In any of the disclosed embodiments, a light source may be scanned using a DLP type scanner or any other suitable orienting mechanism. In any of the embodiments, target objects may be scanned by providing relative movement of the object and/or light source. In any of the embodiments, the cylindrical and flat optical surfaces may be replaced with non-flat and non-cylindrical surfaces and three-dimensional curves that can produce images. In any of the embodiments, surface geometry may be acquired by laser scanning rather than multiple-vantage surface imaging or by any other means. In any of the disclosed embodiments, a refracting device such as a prism may be used to achieve reflection rather than a mirror. In any of the embodiments, the minors may be include multiple facets rather than a curved surface so as to permit the surrounding, full or partial, of the target object.
In any of the disclosed embodiments, instead of a point illumination and camera imaging being used for tomographic reconstruction, the imaging devices disclosed may also be used for surface acquisition, either using multiple images to create a surface model or by laser scanning, or by any other means.
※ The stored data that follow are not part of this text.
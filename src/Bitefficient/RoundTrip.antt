-- ===== src/Bitefficient/RoundTrip.antt =====
-- The grammar reads back what the format writes: the tests on texts that the encoding can hold.
pub mod Texts
pub mod Parts
pub mod Trees
pub mod Agents
pub mod Content
pub mod Types
pub mod Parameters
pub mod Digits
pub mod Dates
pub mod Built
pub mod Steps
pub mod Messages
pub mod Delivered
use multiagent_fipa_acl.Base.{
  ltb, nat_beq, nat_eq, Text, text_eq, ℕ, Bool, true, false, not, ◌&&◌, List, [], ◌∷◌,
}
use multiagent_fipa_acl.Bitefficient.Decimal.{is_digit}

-- A character that `Word` takes behind the first one.
abbrev pub is_word_char : ℕ → Bool
is_word_char c = ltb c 128 && ltb 32 c && not (nat_beq 40 c) && not (nat_beq 41 c)

abbrev pub all_of {ℓ} : {A : Type ℓ} → (A → Bool) → List A → Bool
all_of p [] = true
all_of p (x ∷ xs) = p x && all_of p xs

-- A text that `Word` takes.
unfoldable pub is_word : Text → Bool
is_word [] = false
is_word (c ∷ w) =
    is_word_char c
    && not (nat_beq 35 c)
    && not (is_digit c)
    && not (nat_beq 45 c)
    && not (nat_beq 64 c)
    && all_of is_word_char w

-- A text without a quote that does not end in a backslash.
unfoldable pub is_quotable : Text → Bool
is_quotable [] = true
is_quotable (c ∷ []) = not (nat_beq 34 c) && not (nat_beq 92 c)
is_quotable (c ∷ d ∷ s) = not (nat_beq 34 c) && is_quotable (d ∷ s)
According to embodiments, the disclosed subject matter includes an imaging system. The system has a target object support that is configured to hold an object. The object itself is not part of the imaging system. The system has a first optical component positioned and configured to receive light from a target positioned on said support and to redirect the received light to a second optical component by aiming the received light in a different direction. The optical component does this by reflection or refraction to direct the light through an air path rather than a light pipe or by conversion to an electronic signal. Effectively this redirecting can allows multiple sides of the object to be imaged by, for example, reflecting light from opposite vantages toward the imaging device (e.g., camera) thereby creating a multiple component redundant or partially redundant view of the object by the camera. The optical component can use multiple reflectors in series in order to allow higher angles of incidence and lower loss of fidelity due to cosine compression of the reflection.
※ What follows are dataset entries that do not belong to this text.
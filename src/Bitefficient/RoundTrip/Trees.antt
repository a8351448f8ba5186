-- ===== src/Bitefficient/RoundTrip/Trees.antt =====
-- What the encoding can hold, and the trees that the grammar makes of it.
use multiagent_fipa_acl.Base.{
  ltb, nat_beq, if◌then◌else◌, Text, codes, is_empty, length, ℕ, zero, suc, ◌%◌, Bool, ◌&&◌, ◌||◌,
  not, List, [], ◌∷◌, ◌++◌, map,
}
use multiagent_fipa_acl.Agent.{
  AgentId, UserdefParam, agent_empty, get_name, get_addresses, get_resolvers, get_userdef_params,
}
use multiagent_fipa_acl.Message.{AclMessage, strlen}
use multiagent_fipa_acl.Bitefficient.Decimal.{print_int}
use multiagent_fipa_acl.Bitefficient.Grammar.{ByteSequence}
use multiagent_fipa_acl.Bitefficient.Grammar.Expressions.{DateTime}
use multiagent_fipa_acl.Bitefficient.Grammar.Agents.{
  UserDefinedParameter, AgentIdentifier, agent_identifier, resolver_list,
}
use multiagent_fipa_acl.Bitefficient.Grammar.Message.{
  Message, Parameter, text_value, agents_value, agent_value, bytes_value, date_value,
}
use multiagent_fipa_acl.Bitefficient.RoundTrip.{all_of, is_word, is_quotable}

-- A parameter and an agent identifier that the encoding can hold, and the trees that they are
-- read as, with resolvers down to a depth.
unfoldable pub param_fits : UserdefParam → Bool
param_fits p = is_word p.name && is_quotable p.value

abbrev pub param_tree : UserdefParam → UserDefinedParameter
param_tree p = record { name = p.name; data_text = p.value }

unfoldable pub agent_fits : ℕ → AgentId → Bool
agent_fits zero a =
    is_word (get_name a)
    && all_of is_word (get_addresses a)
    && all_of param_fits (get_userdef_params a)
agent_fits (suc depth) a =
    is_word (get_name a)
    && all_of is_word (get_addresses a)
    && all_of param_fits (get_userdef_params a)
    && all_of (agent_fits depth) (get_resolvers a)

unfoldable pub agent_tree : ℕ → AgentId → AgentIdentifier
agent_tree zero a =
    agent_identifier (get_name a) (get_addresses a) (resolver_list [])
      (map param_tree (get_userdef_params a))
agent_tree (suc depth) a =
    agent_identifier (get_name a) (get_addresses a)
      (resolver_list (map (agent_tree depth) (get_resolvers a)))
      (map param_tree (get_userdef_params a))

-- The parameters of the tree; one without a value is left out.
abbrev pub text_parameter : Text → Text → List Parameter
text_parameter name v =
    if is_empty v then [] else (record { name = name; value = text_value v }) ∷ []

abbrev pub agents_parameter : ℕ → Text → List AgentId → List Parameter
agents_parameter depth name v =
    if is_empty v
    then []
    else (record { name = name; value = agents_value (map (agent_tree depth) v) }) ∷ []

abbrev pub user_parameter : UserdefParam → Parameter
user_parameter p = record { name = p.name; value = text_value p.value }

-- The content, with the digits of its length where it is read as a string.
abbrev pub content_tree : Text → ℕ → ByteSequence
content_tree content digit = record {
  encoding = if not (nat_beq (strlen content) digit) then [] else print_int digit;
  bytes = content;
}

-- A message that the encoding can hold.
unfoldable pub message_fits : AclMessage → Bool
message_fits m =
    is_word m.performative
    && (agent_empty m.sender || agent_fits 1 m.sender)
    && all_of (agent_fits 1) m.receivers
    && is_quotable m.reply_with
    && is_quotable m.in_reply_to
    && all_of (agent_fits 1) m.reply_to
    && is_quotable m.language
    && is_quotable m.encoding
    && is_quotable m.ontology
    && (is_empty m.protocol || is_word m.protocol)
    && is_quotable m.conversation_id
    && all_of param_fits m.parameters
    && ltb (length m.content) 2147483648

-- The tree of a message, with the date that its reply-by time is read as.
abbrev pub sender_parameter : AgentId → List Parameter
sender_parameter a =
    if agent_empty a
    then []
    else (record { name = codes "sender"; value = agent_value (agent_tree 1 a) }) ∷ []

abbrev pub date_parameter : ℕ → DateTime → List Parameter
date_parameter time date =
    if nat_beq time 0
    then []
    else (record { name = codes "reply-by"; value = date_value date }) ∷ []

abbrev pub content_parameter : Text → List Parameter
content_parameter content =
    if is_empty content
    then []
    else (record {
      name = codes "content";
      value = bytes_value (content_tree content (length content % 4294967296));
    })
      ∷ []

unfoldable pub predefined_trees : AclMessage → DateTime → List Parameter
predefined_trees m date =
    sender_parameter m.sender
    ++ (agents_parameter 1 (codes "receiver") m.receivers
        ++ (text_parameter (codes "reply-with") m.reply_with
            ++ (date_parameter m.reply_by date
                ++ (text_parameter (codes "in-reply-to") m.in_reply_to
                    ++ (agents_parameter 1 (codes "reply-to") m.reply_to
                        ++ (text_parameter (codes "language") m.language
                            ++ (text_parameter (codes "encoding") m.encoding
                                ++ (text_parameter (codes "ontology") m.ontology
                                    ++ (text_parameter (codes "protocol") m.protocol
                                        ++ text_parameter (codes "conversation-id")
                                            m.conversation_id)))))))))

unfoldable pub message_tree : AclMessage → DateTime → Message
unfolding predefined_trees
message_tree m date = record {
  header = record { id = 0xfa; version = 0x10 };
  type_text = m.performative;
  parameters =
      (predefined_trees m date ++ map user_parameter m.parameters) ++ content_parameter m.content;
}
The system can also have a source of illumination configured to direct a light beam from various angles toward said target object support such that an object placed on said object support may be illuminated from multiple sides. The illumination source may be used for surface scanning such as a laser spot or line scan used to create a three-dimensional model of an object as used in high speed inspection systems. The illumination source or a different one may be used to create periodic and variously-located surface sources on the object or deeply seated sources within the object for use in optical tomography. The system may also be used without an illumination source for example if used for tomographically determining a light source (bioluminescent source) distribution within the object.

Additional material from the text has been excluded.